■ **Problem**: Please state the number of lines in the listing that contain the word "abbrev", and nothing else.

Content starts

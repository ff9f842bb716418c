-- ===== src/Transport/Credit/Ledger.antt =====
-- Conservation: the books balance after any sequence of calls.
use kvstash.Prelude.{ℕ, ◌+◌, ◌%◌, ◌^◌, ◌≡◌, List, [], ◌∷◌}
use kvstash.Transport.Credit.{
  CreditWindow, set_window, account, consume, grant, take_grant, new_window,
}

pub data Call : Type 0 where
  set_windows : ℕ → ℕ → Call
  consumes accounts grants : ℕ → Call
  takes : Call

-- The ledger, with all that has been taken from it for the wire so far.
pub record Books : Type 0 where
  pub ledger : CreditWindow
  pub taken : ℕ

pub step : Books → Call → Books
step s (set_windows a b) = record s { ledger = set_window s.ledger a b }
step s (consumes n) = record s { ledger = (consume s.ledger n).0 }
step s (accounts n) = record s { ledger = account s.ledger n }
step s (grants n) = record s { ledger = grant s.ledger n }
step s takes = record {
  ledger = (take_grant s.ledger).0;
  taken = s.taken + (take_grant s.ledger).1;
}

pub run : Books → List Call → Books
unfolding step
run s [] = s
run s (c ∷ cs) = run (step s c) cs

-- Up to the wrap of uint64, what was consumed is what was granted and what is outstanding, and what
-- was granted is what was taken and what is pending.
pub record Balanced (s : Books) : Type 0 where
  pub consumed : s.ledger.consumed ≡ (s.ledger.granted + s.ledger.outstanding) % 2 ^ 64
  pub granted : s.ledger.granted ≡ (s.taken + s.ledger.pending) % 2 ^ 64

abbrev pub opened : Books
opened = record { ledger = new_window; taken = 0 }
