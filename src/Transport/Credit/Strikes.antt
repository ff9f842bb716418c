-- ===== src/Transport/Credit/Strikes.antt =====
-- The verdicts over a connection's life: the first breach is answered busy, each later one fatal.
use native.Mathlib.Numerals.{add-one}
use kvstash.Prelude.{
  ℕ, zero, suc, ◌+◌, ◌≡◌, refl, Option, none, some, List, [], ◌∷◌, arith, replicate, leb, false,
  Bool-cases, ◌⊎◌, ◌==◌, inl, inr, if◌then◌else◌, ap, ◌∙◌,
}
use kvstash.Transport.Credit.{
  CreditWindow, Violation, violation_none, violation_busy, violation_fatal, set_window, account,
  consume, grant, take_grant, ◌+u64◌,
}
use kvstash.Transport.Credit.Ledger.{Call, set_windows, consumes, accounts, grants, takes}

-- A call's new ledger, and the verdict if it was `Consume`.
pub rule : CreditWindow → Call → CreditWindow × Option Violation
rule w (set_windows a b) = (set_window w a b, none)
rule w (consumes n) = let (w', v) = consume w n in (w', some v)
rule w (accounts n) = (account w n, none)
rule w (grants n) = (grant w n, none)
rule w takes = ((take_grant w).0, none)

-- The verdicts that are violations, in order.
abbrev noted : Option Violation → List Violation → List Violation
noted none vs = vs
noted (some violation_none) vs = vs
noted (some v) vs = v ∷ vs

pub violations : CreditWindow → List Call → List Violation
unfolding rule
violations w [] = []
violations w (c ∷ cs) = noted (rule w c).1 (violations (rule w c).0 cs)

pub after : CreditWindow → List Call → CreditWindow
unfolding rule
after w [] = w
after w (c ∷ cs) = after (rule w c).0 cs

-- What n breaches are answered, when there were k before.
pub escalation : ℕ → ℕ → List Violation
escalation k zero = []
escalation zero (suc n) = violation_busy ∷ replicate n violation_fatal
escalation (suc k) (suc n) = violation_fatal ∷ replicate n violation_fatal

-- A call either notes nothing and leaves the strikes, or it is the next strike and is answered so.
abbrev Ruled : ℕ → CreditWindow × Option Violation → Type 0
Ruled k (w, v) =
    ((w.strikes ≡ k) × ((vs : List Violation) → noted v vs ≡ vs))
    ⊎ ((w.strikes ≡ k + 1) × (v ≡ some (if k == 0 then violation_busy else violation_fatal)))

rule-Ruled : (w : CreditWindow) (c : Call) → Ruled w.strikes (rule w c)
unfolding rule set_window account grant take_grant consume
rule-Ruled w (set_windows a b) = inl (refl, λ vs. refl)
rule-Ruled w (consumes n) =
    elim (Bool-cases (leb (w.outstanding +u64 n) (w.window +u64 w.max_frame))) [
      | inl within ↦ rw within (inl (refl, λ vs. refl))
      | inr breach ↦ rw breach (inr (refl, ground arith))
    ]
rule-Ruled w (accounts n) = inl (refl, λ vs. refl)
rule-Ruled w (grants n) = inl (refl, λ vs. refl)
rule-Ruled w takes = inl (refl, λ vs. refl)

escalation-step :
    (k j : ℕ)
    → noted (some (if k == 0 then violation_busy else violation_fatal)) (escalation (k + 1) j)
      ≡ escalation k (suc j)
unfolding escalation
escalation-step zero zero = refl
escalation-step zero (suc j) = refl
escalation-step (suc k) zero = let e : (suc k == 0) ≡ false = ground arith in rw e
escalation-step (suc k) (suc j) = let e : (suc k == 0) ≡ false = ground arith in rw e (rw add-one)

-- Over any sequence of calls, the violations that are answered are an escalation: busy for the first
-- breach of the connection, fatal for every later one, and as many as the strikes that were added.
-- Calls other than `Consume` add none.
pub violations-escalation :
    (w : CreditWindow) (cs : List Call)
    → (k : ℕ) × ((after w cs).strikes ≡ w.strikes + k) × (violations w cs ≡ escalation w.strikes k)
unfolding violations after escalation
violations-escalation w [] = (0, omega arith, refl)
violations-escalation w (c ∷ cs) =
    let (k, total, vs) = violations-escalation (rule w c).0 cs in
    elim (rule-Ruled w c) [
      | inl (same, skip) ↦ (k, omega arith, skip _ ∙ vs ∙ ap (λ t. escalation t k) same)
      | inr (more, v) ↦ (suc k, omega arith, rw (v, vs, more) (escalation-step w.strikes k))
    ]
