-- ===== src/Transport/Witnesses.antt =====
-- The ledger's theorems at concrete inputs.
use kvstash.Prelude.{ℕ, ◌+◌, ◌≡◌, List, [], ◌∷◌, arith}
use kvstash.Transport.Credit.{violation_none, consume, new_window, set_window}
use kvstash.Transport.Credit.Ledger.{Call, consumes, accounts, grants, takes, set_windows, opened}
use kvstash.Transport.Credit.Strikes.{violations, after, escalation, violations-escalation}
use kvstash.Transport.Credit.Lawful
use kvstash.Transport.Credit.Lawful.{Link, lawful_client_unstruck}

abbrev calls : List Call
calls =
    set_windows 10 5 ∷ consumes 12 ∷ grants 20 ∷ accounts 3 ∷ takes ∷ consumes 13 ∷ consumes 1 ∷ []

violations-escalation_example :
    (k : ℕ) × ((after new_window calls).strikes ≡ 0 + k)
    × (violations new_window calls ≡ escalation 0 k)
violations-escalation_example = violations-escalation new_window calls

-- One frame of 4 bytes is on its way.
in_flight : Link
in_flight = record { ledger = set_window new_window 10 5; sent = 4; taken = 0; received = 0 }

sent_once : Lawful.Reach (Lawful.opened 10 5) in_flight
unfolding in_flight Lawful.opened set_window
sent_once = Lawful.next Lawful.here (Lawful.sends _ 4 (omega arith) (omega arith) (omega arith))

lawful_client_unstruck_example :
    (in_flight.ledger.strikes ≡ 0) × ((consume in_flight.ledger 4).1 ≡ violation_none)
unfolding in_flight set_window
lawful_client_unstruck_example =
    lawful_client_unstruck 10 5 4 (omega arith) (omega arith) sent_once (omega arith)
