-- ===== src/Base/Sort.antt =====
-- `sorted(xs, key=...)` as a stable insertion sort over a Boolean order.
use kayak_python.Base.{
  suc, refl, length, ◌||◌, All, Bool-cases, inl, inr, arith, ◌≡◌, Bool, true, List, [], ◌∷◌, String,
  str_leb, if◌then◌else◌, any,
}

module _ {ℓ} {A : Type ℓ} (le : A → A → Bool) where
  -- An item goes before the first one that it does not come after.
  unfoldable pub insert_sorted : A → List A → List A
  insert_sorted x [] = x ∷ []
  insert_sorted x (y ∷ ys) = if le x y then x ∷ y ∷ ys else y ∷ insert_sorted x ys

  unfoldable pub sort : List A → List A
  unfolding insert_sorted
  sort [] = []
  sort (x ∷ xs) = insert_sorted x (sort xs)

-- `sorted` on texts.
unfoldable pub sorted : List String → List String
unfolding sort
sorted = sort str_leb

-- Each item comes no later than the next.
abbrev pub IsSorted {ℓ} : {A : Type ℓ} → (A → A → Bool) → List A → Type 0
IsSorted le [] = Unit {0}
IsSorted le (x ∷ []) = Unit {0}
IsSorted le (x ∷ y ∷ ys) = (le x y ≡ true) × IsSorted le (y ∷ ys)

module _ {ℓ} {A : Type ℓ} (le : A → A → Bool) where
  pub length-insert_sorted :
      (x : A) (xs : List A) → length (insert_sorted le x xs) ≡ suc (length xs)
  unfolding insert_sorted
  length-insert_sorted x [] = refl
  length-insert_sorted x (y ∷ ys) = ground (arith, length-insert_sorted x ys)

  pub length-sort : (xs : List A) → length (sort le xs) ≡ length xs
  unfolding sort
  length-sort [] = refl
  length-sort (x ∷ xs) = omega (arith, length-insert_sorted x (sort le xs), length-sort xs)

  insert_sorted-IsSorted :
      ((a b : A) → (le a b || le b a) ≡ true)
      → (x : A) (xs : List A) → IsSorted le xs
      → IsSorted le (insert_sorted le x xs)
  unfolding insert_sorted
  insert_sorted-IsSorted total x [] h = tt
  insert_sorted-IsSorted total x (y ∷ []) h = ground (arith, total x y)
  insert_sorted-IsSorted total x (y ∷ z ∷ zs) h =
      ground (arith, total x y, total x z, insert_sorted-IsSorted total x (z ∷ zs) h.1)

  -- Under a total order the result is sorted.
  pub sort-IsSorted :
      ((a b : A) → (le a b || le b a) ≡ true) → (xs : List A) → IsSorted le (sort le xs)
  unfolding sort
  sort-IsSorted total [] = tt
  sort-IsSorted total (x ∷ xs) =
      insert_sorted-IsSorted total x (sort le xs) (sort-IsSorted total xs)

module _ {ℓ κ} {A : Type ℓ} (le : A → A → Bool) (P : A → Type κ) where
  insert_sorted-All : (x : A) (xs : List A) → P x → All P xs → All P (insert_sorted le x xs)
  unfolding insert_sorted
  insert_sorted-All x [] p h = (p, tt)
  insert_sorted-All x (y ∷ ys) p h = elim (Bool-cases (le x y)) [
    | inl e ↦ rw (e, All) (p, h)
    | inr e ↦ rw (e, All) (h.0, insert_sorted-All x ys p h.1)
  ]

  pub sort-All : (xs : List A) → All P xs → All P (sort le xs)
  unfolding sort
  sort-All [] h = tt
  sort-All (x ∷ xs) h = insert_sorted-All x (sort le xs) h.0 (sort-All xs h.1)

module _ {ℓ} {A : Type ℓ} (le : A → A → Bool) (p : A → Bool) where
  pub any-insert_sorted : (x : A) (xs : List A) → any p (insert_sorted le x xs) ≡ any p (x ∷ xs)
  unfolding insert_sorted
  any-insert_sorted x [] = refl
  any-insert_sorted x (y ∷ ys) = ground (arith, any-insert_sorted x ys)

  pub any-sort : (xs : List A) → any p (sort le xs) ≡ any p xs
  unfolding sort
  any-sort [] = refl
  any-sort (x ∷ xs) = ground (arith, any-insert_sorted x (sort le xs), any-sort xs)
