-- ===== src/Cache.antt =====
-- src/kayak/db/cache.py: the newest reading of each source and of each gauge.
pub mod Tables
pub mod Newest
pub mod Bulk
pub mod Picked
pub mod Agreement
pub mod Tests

Content ends

■ **Output of the exercise**: 5